▸ Activity
Begin at the line containing "unfoldable pub dispatch" and end at the final line of the entries. Please reproduce those lines exactly.

************

-- ===== src/Server/Dispatch.antt =====
-- `server::handle_message` of server/main.cpp.
use irc_chat.Base.{
  ℕ, Bool, true, false, List, Str, parse_error, bad_variant_access, Result, ok, throw,
}
use irc_chat.Db.{ConnInfo, ConnState}
use irc_chat.Message.Parse.{parse}
use irc_chat.Message.{Command, command, numeric_reply, Message}
use irc_chat.Server.Handlers.{
  handle_nick, handle_user, handle_ping, handle_join, handle_whois, handle_privmsg, handle_mode,
  handle_kick, handle_quit,
}
use irc_chat.Server.World.{M, pure, ◌>>=◌, conn_info}

-- The two guards in front of the `switch`: first NICK, then USER, then anything.
unfoldable pub is_expected : ConnState → Command → Bool
is_expected ConnState.init Command.nick = true
is_expected ConnState.init _ = false
is_expected ConnState.registered_nick Command.user = true
is_expected ConnState.registered_nick _ = false
is_expected ConnState.registered_user _ = true

unfoldable pub handle_command : ℕ → ConnInfo → Command → List Str → M (Unit {0})
handle_command id info Command.pong params = pure tt
handle_command id info Command.nick params = handle_nick id info params
handle_command id info Command.user params = handle_user id info params
handle_command id info Command.ping params = handle_ping id
handle_command id info Command.join params = handle_join id info params
handle_command id info Command.mode params = handle_mode id info params
handle_command id info Command.whois params = handle_whois id info params
handle_command id info Command.privmsg params = handle_privmsg id info params
handle_command id info Command.quit params = handle_quit id info params
handle_command id info Command.kick params = handle_kick id info params

-- `std::get<0>(message.command)` throws on a numeric reply. An unexpected command is ignored.
unfoldable pub dispatch : ℕ → ConnInfo → Message → M (Unit {0})
dispatch id info m = elim m.command_or_reply [
  | numeric_reply n ↦ λ w. throw bad_variant_access
  | command cmd ↦ elim (is_expected info.state cmd) [
    | true ↦ handle_command id info cmd m.params
    | false ↦ pure tt
  ]
]

-- The `try` around the parser: only a `parse_error` is caught, and then nothing is done.
unfoldable pub with_parsed : ℕ → ConnInfo → Result Message → M (Unit {0})
with_parsed id info (throw (parse_error msg)) = pure tt
with_parsed id info (throw e) = λ w. throw e
with_parsed id info (ok m) = dispatch id info m

unfoldable pub handle_message : ℕ → Str → M (Unit {0})
unfolding with_parsed
handle_message id s = do info ← conn_info id; with_parsed id info (parse s)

************

▸ Output for this exercise
unfoldable pub dispatch : ℕ → ConnInfo → Message → M (Unit {0})
dispatch id info m = elim m.command_or_reply [
  | numeric_reply n ↦ λ w. throw bad_variant_access
  | command cmd ↦ elim (is_expected info.state cmd) [
    | true ↦ handle_command id info cmd m.params
    | false ↦ pure tt
  ]
]

-- The `try` around the parser: only a `parse_error` is caught, and then nothing is done.
unfoldable pub with_parsed : ℕ → ConnInfo → Result Message → M (Unit {0})
with_parsed id info (throw (parse_error msg)) = pure tt
with_parsed id info (throw e) = λ w. throw e
with_parsed id info (ok m) = dispatch id info m

unfoldable pub handle_message : ℕ → Str → M (Unit {0})
unfolding with_parsed
handle_message id s = do info ← conn_info id; with_parsed id info (parse s)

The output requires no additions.